**ACTIVITY**
Pick out every line of the entries below where "antt" occurs, and copy those lines.

RECORDED DATA START

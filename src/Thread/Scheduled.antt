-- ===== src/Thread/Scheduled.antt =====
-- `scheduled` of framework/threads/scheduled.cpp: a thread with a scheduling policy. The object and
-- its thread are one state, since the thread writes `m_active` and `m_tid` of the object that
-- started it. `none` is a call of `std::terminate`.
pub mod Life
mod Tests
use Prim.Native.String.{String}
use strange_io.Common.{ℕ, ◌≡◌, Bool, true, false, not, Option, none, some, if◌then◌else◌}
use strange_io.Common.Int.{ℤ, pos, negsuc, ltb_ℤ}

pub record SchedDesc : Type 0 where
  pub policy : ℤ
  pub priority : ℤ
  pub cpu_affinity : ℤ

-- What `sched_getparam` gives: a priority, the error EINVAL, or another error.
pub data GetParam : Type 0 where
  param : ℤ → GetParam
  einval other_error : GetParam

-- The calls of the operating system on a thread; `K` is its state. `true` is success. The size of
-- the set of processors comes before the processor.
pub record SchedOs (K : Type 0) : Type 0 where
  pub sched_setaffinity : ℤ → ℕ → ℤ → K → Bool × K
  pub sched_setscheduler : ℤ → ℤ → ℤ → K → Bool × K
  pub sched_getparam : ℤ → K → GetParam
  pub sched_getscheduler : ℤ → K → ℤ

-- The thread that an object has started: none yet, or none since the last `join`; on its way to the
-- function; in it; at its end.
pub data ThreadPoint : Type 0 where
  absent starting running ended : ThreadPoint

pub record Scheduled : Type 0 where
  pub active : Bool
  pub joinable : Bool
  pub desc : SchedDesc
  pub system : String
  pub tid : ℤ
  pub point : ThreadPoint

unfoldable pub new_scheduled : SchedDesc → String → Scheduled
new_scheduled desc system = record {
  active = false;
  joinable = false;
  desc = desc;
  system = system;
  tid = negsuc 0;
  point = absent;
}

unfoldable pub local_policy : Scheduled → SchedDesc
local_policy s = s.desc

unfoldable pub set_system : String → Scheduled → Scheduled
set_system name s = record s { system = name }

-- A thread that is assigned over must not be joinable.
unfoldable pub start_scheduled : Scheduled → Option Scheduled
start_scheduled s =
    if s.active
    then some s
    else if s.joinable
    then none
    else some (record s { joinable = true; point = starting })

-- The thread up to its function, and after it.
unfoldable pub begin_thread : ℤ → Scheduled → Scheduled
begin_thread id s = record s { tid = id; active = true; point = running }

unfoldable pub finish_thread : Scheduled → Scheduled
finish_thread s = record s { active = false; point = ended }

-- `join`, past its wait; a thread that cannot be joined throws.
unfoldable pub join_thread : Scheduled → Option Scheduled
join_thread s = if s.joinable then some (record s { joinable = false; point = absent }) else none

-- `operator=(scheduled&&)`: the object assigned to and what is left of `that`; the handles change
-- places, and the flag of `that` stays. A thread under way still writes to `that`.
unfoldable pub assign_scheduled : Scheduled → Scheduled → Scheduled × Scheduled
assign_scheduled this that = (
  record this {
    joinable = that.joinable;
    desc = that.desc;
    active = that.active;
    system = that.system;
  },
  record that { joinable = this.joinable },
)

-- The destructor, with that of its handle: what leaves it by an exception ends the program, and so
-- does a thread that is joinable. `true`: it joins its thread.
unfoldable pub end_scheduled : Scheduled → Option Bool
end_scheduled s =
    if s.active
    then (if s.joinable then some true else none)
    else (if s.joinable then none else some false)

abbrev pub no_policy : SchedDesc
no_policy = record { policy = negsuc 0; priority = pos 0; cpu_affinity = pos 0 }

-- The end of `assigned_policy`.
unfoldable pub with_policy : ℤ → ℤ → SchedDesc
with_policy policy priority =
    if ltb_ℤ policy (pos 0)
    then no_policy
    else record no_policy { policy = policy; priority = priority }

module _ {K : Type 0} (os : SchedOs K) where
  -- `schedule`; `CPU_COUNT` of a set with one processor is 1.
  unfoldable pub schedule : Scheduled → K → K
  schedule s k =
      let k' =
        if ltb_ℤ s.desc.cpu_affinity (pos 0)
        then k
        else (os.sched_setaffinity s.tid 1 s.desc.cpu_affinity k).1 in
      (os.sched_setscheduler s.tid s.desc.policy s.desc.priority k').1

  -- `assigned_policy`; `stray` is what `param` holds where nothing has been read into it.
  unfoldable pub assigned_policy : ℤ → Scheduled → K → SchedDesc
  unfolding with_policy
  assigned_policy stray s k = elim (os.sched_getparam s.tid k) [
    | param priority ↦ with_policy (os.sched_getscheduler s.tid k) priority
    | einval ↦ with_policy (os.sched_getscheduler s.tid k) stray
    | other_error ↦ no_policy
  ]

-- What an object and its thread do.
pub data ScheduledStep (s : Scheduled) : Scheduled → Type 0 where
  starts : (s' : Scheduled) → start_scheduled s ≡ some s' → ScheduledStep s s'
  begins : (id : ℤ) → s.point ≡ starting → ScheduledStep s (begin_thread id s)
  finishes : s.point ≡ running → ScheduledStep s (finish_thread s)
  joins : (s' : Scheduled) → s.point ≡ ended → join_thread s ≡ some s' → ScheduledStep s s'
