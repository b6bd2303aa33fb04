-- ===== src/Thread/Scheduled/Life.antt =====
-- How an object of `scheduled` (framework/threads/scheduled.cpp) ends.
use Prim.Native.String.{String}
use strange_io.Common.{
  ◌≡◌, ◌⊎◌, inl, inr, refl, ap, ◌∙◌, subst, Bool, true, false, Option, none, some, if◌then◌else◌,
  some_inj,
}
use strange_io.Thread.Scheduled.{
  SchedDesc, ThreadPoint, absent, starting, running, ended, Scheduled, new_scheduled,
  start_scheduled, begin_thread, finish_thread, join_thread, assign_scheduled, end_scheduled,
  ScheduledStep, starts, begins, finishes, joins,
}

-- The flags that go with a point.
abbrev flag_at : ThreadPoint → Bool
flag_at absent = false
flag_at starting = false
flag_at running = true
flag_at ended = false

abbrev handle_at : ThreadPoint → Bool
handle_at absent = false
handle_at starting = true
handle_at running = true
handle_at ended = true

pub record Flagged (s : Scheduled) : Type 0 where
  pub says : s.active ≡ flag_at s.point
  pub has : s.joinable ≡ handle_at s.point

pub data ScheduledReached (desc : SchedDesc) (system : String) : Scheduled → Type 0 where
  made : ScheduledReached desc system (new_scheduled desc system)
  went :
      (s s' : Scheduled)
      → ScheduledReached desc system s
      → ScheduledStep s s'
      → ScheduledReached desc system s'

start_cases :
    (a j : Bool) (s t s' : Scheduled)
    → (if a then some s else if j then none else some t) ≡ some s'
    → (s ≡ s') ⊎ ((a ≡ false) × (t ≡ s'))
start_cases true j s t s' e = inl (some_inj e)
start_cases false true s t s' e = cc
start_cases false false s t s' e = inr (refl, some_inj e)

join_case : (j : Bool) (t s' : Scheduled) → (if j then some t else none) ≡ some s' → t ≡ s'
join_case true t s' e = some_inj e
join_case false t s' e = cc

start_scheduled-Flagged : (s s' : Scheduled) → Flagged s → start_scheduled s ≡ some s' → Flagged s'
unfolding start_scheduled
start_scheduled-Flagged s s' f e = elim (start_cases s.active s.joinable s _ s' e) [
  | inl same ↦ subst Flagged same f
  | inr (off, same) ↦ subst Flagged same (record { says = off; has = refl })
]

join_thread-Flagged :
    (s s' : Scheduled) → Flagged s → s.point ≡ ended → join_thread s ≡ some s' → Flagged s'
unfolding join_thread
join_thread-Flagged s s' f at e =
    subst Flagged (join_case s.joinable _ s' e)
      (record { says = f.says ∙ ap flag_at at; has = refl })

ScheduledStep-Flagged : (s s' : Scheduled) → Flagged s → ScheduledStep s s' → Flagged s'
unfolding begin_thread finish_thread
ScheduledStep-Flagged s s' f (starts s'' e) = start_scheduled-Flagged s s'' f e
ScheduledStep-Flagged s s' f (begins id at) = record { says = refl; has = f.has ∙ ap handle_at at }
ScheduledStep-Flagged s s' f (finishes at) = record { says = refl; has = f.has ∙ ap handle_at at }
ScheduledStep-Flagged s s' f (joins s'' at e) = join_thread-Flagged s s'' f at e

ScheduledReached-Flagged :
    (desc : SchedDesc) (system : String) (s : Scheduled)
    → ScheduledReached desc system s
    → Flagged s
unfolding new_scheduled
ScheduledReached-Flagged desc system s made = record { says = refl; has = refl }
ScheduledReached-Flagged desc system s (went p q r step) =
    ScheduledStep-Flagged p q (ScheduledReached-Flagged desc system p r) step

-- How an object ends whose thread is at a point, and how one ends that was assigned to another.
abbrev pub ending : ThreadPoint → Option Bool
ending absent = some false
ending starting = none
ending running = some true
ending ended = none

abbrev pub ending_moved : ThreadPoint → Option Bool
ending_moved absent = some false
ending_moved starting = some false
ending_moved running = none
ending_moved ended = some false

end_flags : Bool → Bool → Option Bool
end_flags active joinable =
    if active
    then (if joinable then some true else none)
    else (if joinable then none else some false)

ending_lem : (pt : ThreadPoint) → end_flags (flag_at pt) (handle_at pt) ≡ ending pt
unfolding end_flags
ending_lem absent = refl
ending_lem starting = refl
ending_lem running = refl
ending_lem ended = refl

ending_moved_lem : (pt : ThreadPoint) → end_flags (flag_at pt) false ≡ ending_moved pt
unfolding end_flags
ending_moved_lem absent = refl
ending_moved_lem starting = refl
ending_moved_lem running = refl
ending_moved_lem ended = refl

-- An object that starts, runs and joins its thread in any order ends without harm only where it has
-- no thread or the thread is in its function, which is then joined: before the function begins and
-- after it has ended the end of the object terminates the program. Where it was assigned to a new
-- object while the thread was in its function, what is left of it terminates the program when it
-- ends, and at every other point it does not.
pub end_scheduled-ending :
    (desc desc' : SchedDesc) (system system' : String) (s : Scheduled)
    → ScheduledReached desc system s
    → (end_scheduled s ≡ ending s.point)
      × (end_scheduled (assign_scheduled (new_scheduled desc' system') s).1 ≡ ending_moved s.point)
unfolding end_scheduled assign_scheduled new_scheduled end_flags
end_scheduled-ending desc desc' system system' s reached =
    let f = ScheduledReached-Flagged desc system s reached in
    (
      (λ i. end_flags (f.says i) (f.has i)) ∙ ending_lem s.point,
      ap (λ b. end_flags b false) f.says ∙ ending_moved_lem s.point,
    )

RECORDED DATA END

**SOLUTION FOR THIS TASK**
filename src/Thread/Scheduled.antt
-- ===== src/Thread/Scheduled.antt =====
-- ===== src/Thread/Scheduled/Life.antt =====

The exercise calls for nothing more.